● EXERCISE DESCRIPTION
Show all lines of the entries in which the word "there" is found.

● SOURCE MATERIAL

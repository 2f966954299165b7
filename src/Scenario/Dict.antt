-- ===== src/Scenario/Dict.antt =====
-- The dict of successors against the injects that it is built from.
use iceberg_ttx.Prelude.Memᴰ
use iceberg_ttx.Prelude.{
  suc, ◌≤◌, ◌+◌, String, false, List, [], ◌∷◌, map, Option, none, some, ◌≡◌, ◌⊎◌, refl, arith, inl,
  inr, ◌==◌, string_eq, length, contains, has_duplicates, Bool-cases, Memᴰ,
}
use iceberg_ttx.Models.Scenario.{InjectOption, InjectNode}
use iceberg_ttx.Scenario.Graph.{
  GraphNode, to_list, option_targets, successors, set_key, set_keys, graph,
}

-- The inject names the target: as its own next inject, or as that of one of its options.
pub data Follows (n : InjectNode) (t : String) : Type 0 where
  by_default : n.next_inject_id ≡ some t → Follows n t
  by_option : (o : InjectOption) → Memᴰ o n.options → o.next_inject_id ≡ some t → Follows n t

mem-to_list_of : (o : Option String) (t : String) → o ≡ some t → Memᴰ t (to_list o)
mem-to_list_of o t h = rw h (Memᴰ.head refl)

to_list-some : (o : Option String) (t : String) → Memᴰ t (to_list o) → o ≡ some t
to_list-some none t m = elim m [ ]
to_list-some (some u) t m = rw (Memᴰ.eq_of_singleton m) refl

option-listed :
    (o : InjectOption) (os : List InjectOption) (t : String)
    → Memᴰ o os
    → o.next_inject_id ≡ some t
    → Memᴰ t (option_targets os)
unfolding option_targets
option-listed o [] t m h = elim m [ ]
option-listed o (p ∷ os) t (Memᴰ.head e) h =
    Memᴰ.append_left (option_targets os) (mem-to_list_of p.next_inject_id t (rw e at h))
option-listed o (p ∷ os) t (Memᴰ.tail m) h =
    Memᴰ.append_right (to_list p.next_inject_id) (option-listed o os t m h)

listed-option :
    (os : List InjectOption) (t : String)
    → Memᴰ t (option_targets os)
    → (o : InjectOption) × Memᴰ o os × (o.next_inject_id ≡ some t)
unfolding option_targets
listed-option [] t m = elim m [ ]
listed-option (o ∷ os) t m = elim (Memᴰ.append_cases (to_list o.next_inject_id) m) [
  | inl l ↦ (o, Memᴰ.head refl, to_list-some o.next_inject_id t l)
  | inr r ↦ let (p, k, e) = listed-option os t r in (p, Memᴰ.tail k, e)
]

pub Follows-successors : (n : InjectNode) (t : String) → Follows n t → Memᴰ t (successors n)
unfolding successors
Follows-successors n t (by_default e) =
    Memᴰ.append_right (option_targets n.options) (mem-to_list_of n.next_inject_id t e)
Follows-successors n t (by_option o m e) =
    Memᴰ.append_left (to_list n.next_inject_id) (option-listed o n.options t m e)

pub successors-Follows : (n : InjectNode) (t : String) → Memᴰ t (successors n) → Follows n t
unfolding successors
successors-Follows n t m = elim (Memᴰ.append_cases (option_targets n.options) m) [
  | inl l ↦ let (o, k, e) = listed-option n.options t l in by_option o k e
  | inr r ↦ by_default (to_list-some n.next_inject_id t r)
]

abbrev pub entry_of : InjectNode → GraphNode
entry_of n = record { id = n.id; targets = successors n }

module _ (key : String) (targets : List String) where
  set_key-source :
      (g : List GraphNode) (m : GraphNode)
      → Memᴰ m (set_key key targets g)
      → (m ≡ record { id = key; targets = targets }) ⊎ Memᴰ m g
  unfolding set_key
  set_key-source [] m h = inl (Memᴰ.eq_of_singleton h)
  set_key-source (x ∷ g) m h = elim (Bool-cases (x.id == key)) [
    | inl t ↦ elim (Memᴰ.cases_cons (rw t at h)) [ inl e ↦ inl e | inr r ↦ inr (Memᴰ.tail r) ]
    | inr f ↦ elim (Memᴰ.cases_cons (rw f at h)) [
      | inl e ↦ inr (Memᴰ.head e)
      | inr r ↦ elim (set_key-source g m r) [ inl e ↦ inl e | inr o ↦ inr (Memᴰ.tail o) ]
    ]
  ]

  set_key-has :
      (g : List GraphNode) → Memᴰ (record { id = key; targets = targets }) (set_key key targets g)
  unfolding set_key
  set_key-has [] = Memᴰ.head refl
  set_key-has (x ∷ g) = elim (Bool-cases (x.id == key)) [
    | inl t ↦ rw t (Memᴰ.head refl)
    | inr f ↦ rw f (Memᴰ.tail (set_key-has g))
  ]

  set_key-keeps :
      (g : List GraphNode) (m : GraphNode)
      → Memᴰ m g
      → (m.id == key) ≡ false
      → Memᴰ m (set_key key targets g)
  unfolding set_key
  set_key-keeps [] m h other = elim h [ ]
  set_key-keeps (x ∷ g) m (Memᴰ.head e) other =
      let f : (x.id == key) ≡ false = rw e at other in rw f (Memᴰ.head e)
  set_key-keeps (x ∷ g) m (Memᴰ.tail h) other = elim (Bool-cases (x.id == key)) [
    | inl t ↦ rw t (Memᴰ.tail h)
    | inr f ↦ rw f (Memᴰ.tail (set_key-keeps g m h other))
  ]

  length-set_key : (g : List GraphNode) → length (set_key key targets g) ≤ suc (length g)
  unfolding set_key
  length-set_key [] = omega arith
  length-set_key (x ∷ g) = elim (Bool-cases (x.id == key)) [
    | inl t ↦ rw t (omega arith)
    | inr f ↦ rw f (omega (arith, length-set_key g))
  ]

set_keys-source :
    (g : List GraphNode) (ns : List InjectNode) (m : GraphNode)
    → Memᴰ m (set_keys g ns)
    → Memᴰ m g ⊎ ((n : InjectNode) × Memᴰ n ns × (m ≡ entry_of n))
unfolding set_keys
set_keys-source g [] m h = inl h
set_keys-source g (n ∷ ns) m h = elim (set_keys-source (set_key n.id (successors n) g) ns m h) [
  | inl old ↦ elim (set_key-source n.id (successors n) g m old) [
    | inl e ↦ inr (n, Memᴰ.head refl, e)
    | inr o ↦ inl o
  ]
  | inr (k, mem, e) ↦ inr (k, Memᴰ.tail mem, e)
]

set_keys-keeps :
    (g : List GraphNode) (ns : List InjectNode) (m : GraphNode)
    → Memᴰ m g
    → contains m.id (map (λ (n : InjectNode). n.id) ns) ≡ false
    → Memᴰ m (set_keys g ns)
unfolding set_keys
set_keys-keeps g [] m h other = h
set_keys-keeps g (n ∷ ns) m h other =
    set_keys-keeps (set_key n.id (successors n) g) ns m
      (set_key-keeps n.id (successors n) g m h (ground arith)) (ground arith)

set_keys-has :
    (g : List GraphNode) (ns : List InjectNode) (n : InjectNode)
    → has_duplicates (map (λ (n : InjectNode). n.id) ns) ≡ false
    → Memᴰ n ns
    → Memᴰ (entry_of n) (set_keys g ns)
unfolding set_keys
set_keys-has g [] n distinct h = elim h [ ]
set_keys-has g (k ∷ ns) n distinct (Memᴰ.head e) = rw e (
    set_keys-keeps (set_key k.id (successors k) g) ns (entry_of k)
      (set_key-has k.id (successors k) g) (ground arith))
set_keys-has g (k ∷ ns) n distinct (Memᴰ.tail h) =
    set_keys-has (set_key k.id (successors k) g) ns n (ground arith) h

length-set_keys :
    (g : List GraphNode) (ns : List InjectNode) → length (set_keys g ns) ≤ length g + length ns
unfolding set_keys
length-set_keys g [] = omega arith
length-set_keys g (n ∷ ns) = omega (
  arith,
  length-set_keys (set_key n.id (successors n) g) ns,
  length-set_key n.id (successors n) g,
)

-- An entry of the dict is the one of some inject.
pub graph-source :
    (injects : List InjectNode) (m : GraphNode)
    → Memᴰ m (graph injects)
    → (n : InjectNode) × Memᴰ n injects × (m ≡ entry_of n)
unfolding graph
graph-source injects m h = elim (set_keys-source [] injects m h) [
  | inl nothing ↦ elim nothing [ ]
  | inr found ↦ found
]

-- Each of the injects has its entry, where no other has the same key.
pub graph-has :
    (injects : List InjectNode) (n : InjectNode)
    → has_duplicates (map (λ (n : InjectNode). n.id) injects) ≡ false
    → Memᴰ n injects
    → Memᴰ (entry_of n) (graph injects)
unfolding graph
graph-has injects n distinct h = set_keys-has [] injects n distinct h

pub length-graph : (injects : List InjectNode) → length (graph injects) ≤ length injects
unfolding graph
length-graph injects = omega (arith, length-set_keys [] injects)
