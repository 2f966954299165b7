-- ===== src/Scenario/Acyclic.antt =====
-- What `check_no_cycles` decides: whether walks along successors must end.
use iceberg_ttx.Prelude.{
  ℕ, zero, suc, ◌≤◌, String, false, List, [], map, ◌≡◌, ◌≢◌, arith, inl, inr, length, Bool-cases,
  string_eq, has_duplicates, Memᴰ,
}
use iceberg_ttx.Errors.{ok, err, cycle_detected}
use iceberg_ttx.Models.Scenario.{InjectNode}
use iceberg_ttx.Scenario.Graph.{graph, rounds, is_acyclic, check_no_cycles}
use iceberg_ttx.Scenario.Rounds.{
  GraphWalk, GraphWalk-bound, rounds-Core, GraphWalk-mono, stable-GraphWalk, null-eq, head_of,
}
use iceberg_ttx.Scenario.Dict.{
  Follows, Follows-successors, successors-Follows, entry_of, graph-source, graph-has, length-graph,
}

-- A walk of that many steps, each from an inject to a target that it or one of its options names.
pub data Walk (injects : List InjectNode) : String → String → ℕ → Type 0 where
  stay : {a : String} → Walk injects a a zero
  go :
      {b : String} {k : ℕ} (n : InjectNode) (t : String)
      → Memᴰ n injects
      → Follows n t
      → Walk injects t b k
      → Walk injects n.id b (suc k)

Walk-graph :
    (injects : List InjectNode) {a b : String} {k : ℕ}
    → has_duplicates (map (λ (n : InjectNode). n.id) injects) ≡ false
    → Walk injects a b k
    → GraphWalk (graph injects) a b k
Walk-graph injects distinct stay = GraphWalk.stop
Walk-graph injects distinct (go n t m f w) =
    GraphWalk.step (entry_of n) t (graph-has injects n distinct m) (Follows-successors n t f)
      (Walk-graph injects distinct w)

graph-Walk :
    (injects : List InjectNode) {a b : String} {k : ℕ}
    → GraphWalk (graph injects) a b k
    → Walk injects a b k
graph-Walk injects GraphWalk.stop = stay
graph-Walk injects (GraphWalk.step m t h ht w) =
    let (n, mem, e) = graph-source injects m h in
    rw e (go n t mem (successors-Follows n t (rw e at ht)) (graph-Walk injects w))

-- Where the cycle check passes on injects with distinct ids, every walk from inject to inject,
-- along their next injects and those of their options, has at most as many steps as there are
-- injects.
pub check_no_cycles-bounds :
    (injects : List InjectNode) {a b : String} {k : ℕ}
    → has_duplicates (map (λ (n : InjectNode). n.id) injects) ≡ false
    → check_no_cycles injects ≡ ok tt
    → Walk injects a b k
    → k ≤ length injects
unfolding check_no_cycles
check_no_cycles-bounds injects distinct h w = elim (Bool-cases (is_acyclic (graph injects))) [
  | inl e ↦
      let g = graph injects in
      let done : rounds (length g) g ≡ [] = unfold is_acyclic in null-eq (rounds (length g) g) e in
      omega (
        arith,
        GraphWalk-bound (length g) done (Walk-graph injects distinct w),
        length-graph injects,
      )
  | inr e ↦ cc (rw e at h)
]

-- Where the cycle check raises, there are walks of every length from inject to inject, along their
-- next injects and those of their options.
pub check_no_cycles-endless :
    (injects : List InjectNode) (k : ℕ)
    → check_no_cycles injects ≡ err cycle_detected
    → (a : String) × (b : String) × Walk injects a b k
unfolding check_no_cycles is_acyclic
check_no_cycles-endless injects k h =
    let g = graph injects in
    let left : rounds (length g) g ≢ [] = λ e. cc (rw e at h) in
    let (core, c) = rounds-Core (length g) g (omega arith) left in
    let (n, m) = head_of core c.inhabited in
    let (b, w) = stable-GraphWalk k core n c.stable m in
    (n.id, b, graph-Walk injects (GraphWalk-mono c.inside w))
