-- ===== src/Scenario/Branch.antt =====
-- app/services/scenario_service.py, the pure queries: `get_inject_node`, `get_next_inject_ids`,
-- `resolve_branch`.
use iceberg_ttx.Prelude.{
  String, List, [], ◌∷◌, Option, none, some, ◌==◌, string_eq, find, null, if◌then◌else◌,
}
use iceberg_ttx.Models.Scenario.{InjectOption, InjectNode, ScenarioDefinition}
use iceberg_ttx.Scenario.Graph.{to_list}

unfoldable pub get_inject_node : ScenarioDefinition → String → Option InjectNode
get_inject_node d inject_id = find (λ inj. inj.id == inject_id) d.injects

abbrev pub linear_successor : Option InjectNode → List String
linear_successor none = []
linear_successor (some node) = if null node.options then to_list node.next_inject_id else []

unfoldable pub get_next_inject_ids : ScenarioDefinition → String → List String
get_next_inject_ids d current = linear_successor (get_inject_node d current)

-- The loop over the options: the first with that id.
unfoldable pub option_target : List InjectOption → String → Option String
option_target [] selected = none
option_target (o ∷ os) selected =
    if o.id == selected then o.next_inject_id else option_target os selected

abbrev pub branch_target : Option InjectNode → String → Option String
branch_target none selected = none
branch_target (some node) selected = option_target node.options selected

unfoldable pub resolve_branch : ScenarioDefinition → String → String → Option String
resolve_branch d current selected = branch_target (get_inject_node d current) selected
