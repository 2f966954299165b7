-- ===== src/Scenario/Accepted.antt =====
-- What an accepted scenario definition promises to the services that walk through it.
use iceberg_ttx.Prelude.Memᴰ
use iceberg_ttx.Prelude.{
  ℕ, ◌≤◌, String, Bool, true, false, not, List, [], ◌∷◌, map, Option, none, some, ◌≡◌, sym, arith,
  inl, inr, ◌==◌, string_eq, all, length, contains, has_duplicates, Bool-cases, Memᴰ, find, all-mem,
  find-of_mem, find-of_contains,
}
use iceberg_ttx.Errors.{ok, require-eq-ok, >>=-eq-ok, ok-injective}
use iceberg_ttx.Models.Scenario.{InjectOption, InjectNode, ScenarioDefinition}
use iceberg_ttx.Scenario.Graph.{to_list, option_targets, successors, check_no_cycles}
use iceberg_ttx.Scenario.Acyclic.{Walk, check_no_cycles-bounds}
use iceberg_ttx.Scenario.Validate.{
  known, check_inject, check_injects, ids, team_ids, validate_structure, parse_definition,
  map_result, validate_team, validate_node, normalized_id,
}
use iceberg_ttx.Scenario.Branch.{get_inject_node, option_target, resolve_branch}

pub record IsPlayable (d : ScenarioDefinition) : Type 0 where
  -- The start is an inject.
  pub starts : (n : InjectNode) × (get_inject_node d d.start_inject_id ≡ some n)
  -- Each inject is the one that its id finds.
  pub finds : (n : InjectNode) → Memᴰ n d.injects → get_inject_node d n.id ≡ some n
  -- Each successor of an inject is an inject.
  pub follows :
      (n : InjectNode) (t : String)
      → Memᴰ n d.injects
      → Memᴰ t (successors n)
      → (m : InjectNode) × Memᴰ m d.injects × (get_inject_node d t ≡ some m)
  -- Each option of an inject is the one that its id chooses.
  pub chooses :
      (n : InjectNode) (o : InjectOption)
      → Memᴰ n d.injects
      → Memᴰ o n.options
      → resolve_branch d n.id o.id ≡ o.next_inject_id
  -- An inject targets teams of the scenario.
  pub targets :
      (n : InjectNode) (team : String)
      → Memᴰ n d.injects
      → Memᴰ team n.target_teams
      → contains team (team_ids d.participant_teams) ≡ true
  -- A walk ends.
  pub ends : {a b : String} (k : ℕ) → Walk d.injects a b k → k ≤ length d.injects

is_false_of_not : (b : Bool) → not b ≡ true → b ≡ false
is_false_of_not b h = ground arith

-- The facts that one round of the loop over the injects has checked.
record Checks (inject_ids team_ids : List String) (n : InjectNode) : Type 0 where
  teams_known : all (λ team. contains team team_ids) n.target_teams ≡ true
  next_known : known inject_ids n.next_inject_id ≡ true
  options_distinct : has_duplicates (map (λ (o : InjectOption). o.id) n.options) ≡ false
  options_known : all (λ (o : InjectOption). known inject_ids o.next_inject_id) n.options ≡ true

check_inject-Checks :
    (is ts : List String) (n : InjectNode) → check_inject is ts n ≡ ok tt → Checks is ts n
unfolding check_inject
check_inject-Checks is ts n h =
    let (a, h₁) = require-eq-ok _ _ _ h in
    let (b, h₂) = require-eq-ok _ _ _ h₁ in
    let (c, h₃) = require-eq-ok _ _ _ h₂ in
    record {
      teams_known = a;
      next_known = b;
      options_distinct = is_false_of_not _ c;
      options_known = ground arith;
    }

check_injects-Checks :
    (is ts : List String) (ns : List InjectNode) (n : InjectNode)
    → check_injects is ts ns ≡ ok tt
    → Memᴰ n ns
    → Checks is ts n
unfolding check_injects
check_injects-Checks is ts [] n h m = elim m [ ]
check_injects-Checks is ts (x ∷ ns) n h m =
    let (_, a, b) = >>=-eq-ok (check_inject is ts x) _ h in
    elim (Memᴰ.cases_cons m) [
      | inl e ↦ rw e (check_inject-Checks is ts x a)
      | inr r ↦ check_injects-Checks is ts ns n b r
    ]

-- A successor that the checks have seen is listed.
mem-to_list :
    (is : List String) (o : Option String) (t : String)
    → known is o ≡ true
    → Memᴰ t (to_list o)
    → contains t is ≡ true
mem-to_list is none t h m = elim m [ ]
mem-to_list is (some u) t h m = rw (Memᴰ.eq_of_singleton m) h

mem-option_targets :
    (is : List String) (os : List InjectOption) (t : String)
    → all (λ (o : InjectOption). known is o.next_inject_id) os ≡ true
    → Memᴰ t (option_targets os)
    → contains t is ≡ true
unfolding option_targets
mem-option_targets is [] t h m = elim m [ ]
mem-option_targets is (o ∷ os) t h m = elim (Memᴰ.append_cases (to_list o.next_inject_id) m) [
  | inl l ↦ mem-to_list is o.next_inject_id t (ground arith) l
  | inr r ↦ mem-option_targets is os t (ground arith) r
]

Checks-successors :
    {is ts : List String} {n : InjectNode} (t : String)
    → Checks is ts n
    → Memᴰ t (successors n)
    → contains t is ≡ true
unfolding successors
Checks-successors {is} {n} t c m = elim (Memᴰ.append_cases (option_targets n.options) m) [
  | inl l ↦ mem-option_targets is n.options t c.options_known l
  | inr r ↦ mem-to_list is n.next_inject_id t c.next_known r
]

option_target-find :
    (o : InjectOption) (os : List InjectOption) (k : String)
    → find (λ p. p.id == k) os ≡ some o
    → option_target os k ≡ o.next_inject_id
unfolding option_target
option_target-find o [] k h = cc
option_target-find o (p ∷ os) k h = elim (Bool-cases (p.id == k)) [
  | inl t ↦ let q : p ≡ o = cc (rw t at h) in rw (t, q)
  | inr f ↦ rw f (option_target-find o os k (rw f at h))
]

-- A definition that passes `validate_structure` is playable, and is returned as it is.
pub validate_structure-IsPlayable :
    (d : ScenarioDefinition) {d' : ScenarioDefinition}
    → validate_structure d ≡ ok d'
    → (d' ≡ d) × IsPlayable d
unfolding validate_structure get_inject_node resolve_branch
validate_structure-IsPlayable d {d'} h =
    let (_, h₁) = require-eq-ok _ _ _ h in
    let (distinct, h₂) = require-eq-ok _ _ _ h₁ in
    let (_, h₃) = require-eq-ok _ _ _ h₂ in
    let (start, h₄) = require-eq-ok _ _ _ h₃ in
    let (_, checked, h₅) =
      >>=-eq-ok (check_injects (ids d.injects) (team_ids d.participant_teams) d.injects) _ h₄ in
    let (_, acyclic, h₆) = >>=-eq-ok (check_no_cycles d.injects) _ h₅ in
    let unique = is_false_of_not _ distinct in
    let facts =
      λ (n : InjectNode) (m : Memᴰ n d.injects). check_injects-Checks _ _ d.injects n checked m in
    let found = λ (n : InjectNode) (m : Memᴰ n d.injects).
      find-of_mem (λ (n : InjectNode). n.id) n d.injects unique m in
    (
      sym (ok-injective h₆),
      record {
        starts =
            let (n, _, e) =
              find-of_contains (λ (n : InjectNode). n.id) d.start_inject_id d.injects start in
            (n, e);
        finds = found;
        follows = λ n t m ht.
            find-of_contains (λ (n : InjectNode). n.id) t d.injects
              (Checks-successors t (facts n m) ht);
        chooses = λ n o m ho. rw (found n m) (
            option_target-find o n.options o.id (
              find-of_mem (λ (p : InjectOption). p.id) o n.options (facts n m).options_distinct
                ho));
        targets = λ n team m ht. all-mem _ team n.target_teams ht (facts n m).teams_known;
        ends = λ k w. check_no_cycles-bounds d.injects unique acyclic w;
      },
    )

-- An accepted scenario definition is playable: its start is an inject, ids find their injects,
-- every successor is an inject, every option is the one its id chooses, targeted teams exist, and
-- no walk along successors has more steps than there are injects.
pub parse_definition-IsPlayable :
    (raw : ScenarioDefinition) {d : ScenarioDefinition} → parse_definition raw ≡ ok d → IsPlayable d
unfolding parse_definition
parse_definition-IsPlayable raw {d} h =
    let (ts, _, h₁) = >>=-eq-ok (map_result validate_team raw.participant_teams) _ h in
    let (ns, _, h₂) = >>=-eq-ok (map_result validate_node raw.injects) _ h₁ in
    let (s, _, h₃) = >>=-eq-ok (normalized_id raw.start_inject_id) _ h₂ in
    let (e, p) =
      validate_structure-IsPlayable
        (record raw { participant_teams = ts; injects = ns; start_inject_id = s }) h₃ in
    rw e p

● THE ANSWER
-- along their next injects and those of their options, has at most as many steps as there are
-- Where the cycle check raises, there are walks of every length from inject to inject, along their
-- no walk along successors has more steps than there are injects.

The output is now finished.